Bolivia: il golpe del litio prosegue. Presidenziali rimandate al 18 ottobre
Se va riconosciuto che organizzare delle elezioni in piena pandemia non è effettivamente semplice, soprattutto in un paese come la Bolivia dove il picco dei contagi è atteso proprio all’inizio di settembre, ma che già da tempo è messo a dura prova dall’emergenza sanitaria, non si può nemmeno tacere sull’evidente utilizzo strumentale del virus per posticipare, per la terza volta, le presidenziali, inizialmente previste per il 3 maggio. Peraltro, la decisione del Tribunale supremo elettorale non sorprende poiché risponde alle indicazioni sull’andamento della curva epidemiologica provenienti dal Comite de Científicos vicino al governo golpista.
Certo, lo svolgimento delle elezioni potrebbe far aumentare ulteriormente il numero dei contagi, ma in un contesto in cui il governo ha abbandonato del tutto a se stessa la popolazione di fronte al dilagare coronavirus, finendo addirittura per essere coinvolto in scandali per corruzione relativi all’acquisto dei respiratori, il nuovo rinvio delle presidenziali rappresenta un chiaro ed evidente timore del giudizio delle urne.
Contagiata a sua volta, Jeanine Añez governa il paese dall’isolamento, ma per lei, come per gran parte dei protagonisti del golpe dello scorso novembre, appartenenti alle elites boliviane, sono a disposizione medici, farmaci e terapie intensive specializzate. Non solo. In più di una circostanza ministri e mezzi di comunicazione governativi hanno definito indigeni, contadini e masistas come ignoranti perché sono stati costretti a uscire di casa, durante la quarantena, in quanto vivono di lavori perlopiù informali. Per questi motivi il nuovo rinvio delle elezioni si configura come un altro colpo di stato, come ha sostenuto Morales, forte dei sondaggi che evidenziano il netto vantaggio della coppia Luis Arce e David Choquehuanca sui candidati delle destre di Comunidad Ciudadana, Carlos Mesa e Gustavo Pedraza, e di Juntos, con il ticket Áñez e Samuel Doria Medina.

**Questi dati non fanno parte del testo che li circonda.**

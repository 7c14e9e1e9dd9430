-- ===== src/Bus.antt =====
-- Devices behind addresses: AetherWebOS/include/common/io.h. A device is the function that says what
-- a read gives after the accesses so far, which may be any function. The accesses are kept with the
-- newest first.
pub mod Pcie
pub mod VirtioPci
pub mod VirtioNet
pub mod VirtioStart
pub mod Xhci
pub mod Drivers
use aether_webos.Prelude.{ℕ, List, ◌∷◌, u32}

pub data Access : Type 0 where
  read : ℕ → ℕ → Access
  write : ℕ → ℕ → Access

abbrev pub Trace : Type 0
Trace = List Access

abbrev pub Answers : Type 0
Answers = Trace → ℕ → ℕ

unfoldable pub mmio_read32 : Answers → ℕ → Trace → ℕ × Trace
mmio_read32 device addr t = let val = u32 (device t addr) in (val, Access.read addr val ∷ t)

unfoldable pub mmio_write32 : ℕ → ℕ → Trace → Trace
mmio_write32 addr val t = Access.write addr (u32 val) ∷ t
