-- ===== src/Memory/Paging.antt =====
-- `vmalloc` and `ioremap` of AetherWebOS/src/kernel/memory.c, `mmu_map_region` and the tables that
-- `mmu_init` fills in AetherWebOS/arch/aarch64/mmu.c. A table is the function from an index to its
-- entry. Cache and TLB maintenance changes no entry and is left out, and so is the UART output.
pub mod Mapping
pub mod Translate
pub mod Ioremap
pub mod Blocks
pub mod Tables
pub mod Cache
use aether_webos.Prelude.{
  ℕ, zero, suc, ◌+◌, ◌-◌, ◌*◌, ◌/◌, ◌^◌, true, false, ◌&&◌, Option, none, some, ◌==◌, ltb, leb,
  if◌then◌else◌, bit_and, bit_or, u64, ◌<<<◌, ◌>>>◌,
}

abbrev pub page_size : ℕ
page_size = 4096

abbrev pub vmalloc_start : ℕ
vmalloc_start = 0x80000000

-- Four level 3 tables of 512 pages.
abbrev pub vmalloc_max : ℕ
vmalloc_max = vmalloc_start + 4 * 2 * 1024 * 1024

-- `~(PAGE_SIZE - 1)`, widened to 64 bits.
abbrev pub page_mask : ℕ
page_mask = 2 ^ 64 - 4096

-- `MM_TYPE_PAGE | MM_ATTR_DEVICE_INDEX | MM_ACCESS_FLAG`
abbrev pub prot_device_page : ℕ
prot_device_page = bit_or (bit_or 0x3 0) (2 ^ 10)

-- `kpt.l3_pool`: table, index, entry.
abbrev pub Pool : Type 0
Pool = ℕ → ℕ → ℕ

-- `vmalloc_ptr` and the tables that the mappings go to.
pub record Space : Type 0 where
  pub vmalloc_ptr : ℕ
  pub pool : Pool

unfoldable pub set_entry : Pool → ℕ → ℕ → ℕ → Pool
set_entry pool i j e i' j' = if (i == i') && (j == j') then e else pool i' j'

-- One round of the loop of `mmu_map_region`.
unfoldable pub map_page : ℕ → ℕ → ℕ → Pool → Pool
map_page v_addr p_addr flags pool =
    let l2_idx = bit_and (v_addr >>> 21) 0x1FF in
    let l3_idx = bit_and (v_addr >>> 12) 0x1FF in
    if ltb l2_idx 4
    then set_entry pool l2_idx l3_idx (bit_or (bit_or (bit_or p_addr flags) (1 <<< 10)) 0x3)
    else pool

-- `while (mapped < size)`; the fuel bounds the rounds.
unfoldable pub map_loop : ℕ → ℕ → ℕ → ℕ → ℕ → ℕ → Pool → Pool
map_loop zero mapped size v_addr p_addr flags pool = pool
map_loop (suc fuel) mapped size v_addr p_addr flags pool = elim (ltb mapped size) [
  | true ↦
      map_loop fuel (u64 (mapped + 4096)) size (u64 (v_addr + 4096)) (u64 (p_addr + 4096)) flags
        (map_page v_addr p_addr flags pool)
  | false ↦ pool
]

unfoldable pub mmu_map_region : ℕ → ℕ → ℕ → ℕ → Pool → Pool
mmu_map_region va pa size flags pool =
    map_loop (size / 4096 + 1) 0 size va (bit_and pa (2 ^ 64 - 4096)) flags pool

-- `none` is NULL.
unfoldable pub vmalloc : ℕ → Space → Space × Option ℕ
vmalloc request s =
    let size = bit_and (u64 (request + page_size - 1)) page_mask in
    if ltb vmalloc_max (u64 (s.vmalloc_ptr + size))
    then (s, none)
    else (record s { vmalloc_ptr = u64 (s.vmalloc_ptr + size) }, some s.vmalloc_ptr)

-- Steps 4 to 6 of `ioremap`, from the page, the offset and the size that it computes.
unfoldable pub ioremap_pages : ℕ → ℕ → ℕ → Space → Space × Option ℕ
ioremap_pages phys_page offset map_size s =
    let (s', virt_page) = vmalloc map_size s in
    elim virt_page [
      | none ↦ (s', none)
      | some v ↦ (
        record s' { pool = mmu_map_region v phys_page map_size prot_device_page s'.pool },
        some (u64 (v + offset)),
      )
    ]

unfoldable pub ioremap : ℕ → ℕ → Space → Space × Option ℕ
ioremap phys_addr size s =
    let phys_page = bit_and phys_addr page_mask in
    let offset = bit_and phys_addr (page_size - 1) in
    let map_size = bit_and (u64 (offset + size + page_size - 1)) page_mask in
    if size == 0 then (s, none) else ioremap_pages phys_page offset map_size s

-- The entries that `mmu_init` writes to the level 2 tables: 2 MiB blocks.
unfoldable pub l2_periph : ℕ → ℕ
l2_periph i = bit_or (bit_or (i <<< 21) 0x405) (0 <<< 2)

abbrev pub pcie_ext_cfg_data : ℕ
pcie_ext_cfg_data = 0x70000000

abbrev pub pcie_phys_base : ℕ
pcie_phys_base = 0x3f000000

unfoldable pub l2_ram : ℕ → ℕ
l2_ram i =
    let virtual_addr = 0x40000000 + (i <<< 21) in
    if leb pcie_ext_cfg_data virtual_addr && ltb virtual_addr (pcie_ext_cfg_data + 0x08000000)
    then (let phys_target = pcie_phys_base + (virtual_addr - pcie_ext_cfg_data) in
        bit_or (bit_or phys_target 0x405) (0 <<< 2))
    else bit_or (bit_or virtual_addr 0x401) (2 <<< 2)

Il governo golpista ha come unico obiettivo quello di guadagnare tempo per rimandare le elezioni, sbandierando le false preoccupazioni per la salute della popolazione e, al tempo stesso, proseguire nella persecuzione contro dirigenti sociali e candidati del Movimiento al Socialismo. Del resto, già da tempo, sui social network era iniziata la campagna dell’ultradestra boliviana per far rinviare le elezioni. Luis Fernando Camacho, leader evangelico e comandante dei gruppi paramilitari di Santa Cruz, aveva scritto su twitter che il governo doveva scongiurare il ritorno alle urne perché avrebbero trascinato di nuovo il paese nella dittatura. Come sottolineato da Maëlle Mariette nell’edizione di luglio di Le monde diplomatique/il manifesto, i paramilitari di Santa Cruz sono nati sull’esempio del falangismo franchista spagnolo e considerano il loro paese assediato da gruppi etnici arretrati, gli aymara e i quechua.
Inoltre, il 24 luglio scorso, sempre su twitter, il ceo di Tesla, Elon Musk, aveva fatto capire che gli Stati uniti erano pronti a creare le condizioni per un colpo di stato in Bolivia perché il loro vero interesse è quello di procurarsi il litio boliviano.
Più del 50% dei depositi mondiali di litio si trovano in Argentina, Cile, ma soprattutto in Bolivia, in particolar modo nel Salar de Uyuni. Tempo fa fu lo stesso Samuel Doria Medina, che corre per le presidenziali (se mai ci saranno) con Jeanine Áñez, ad ammettere che Musk aveva parlato con il presidente brasiliano Bolsonaro sull’eventualità di costruire una fabbrica di Tesla prima in Brasile e poi nel Salar de Uyuni, mentre Morales, al contrario, è sempre stato convinto che i proventi del litio avrebbero dovuto rappresentare un’opportunità per tutta la popolazione boliviana e non solo per le multinazionali.
Le presidenziali boliviane hanno assunto, anche per gli Stati uniti, sempre maggiore rilevanza poiché chi siederà a Palacio Quemado imporrà la sua visione in merito alla gestione delle risorse naturali del paese e deciderà se la Bolivia sarà un paese per tutte e tutti o solo per una ristretta minoranza legata agli interessi economici delle multinazionali e degli Usa. Per adesso, quello che è stato definito, a ragione, il golpe del litio, prosegue.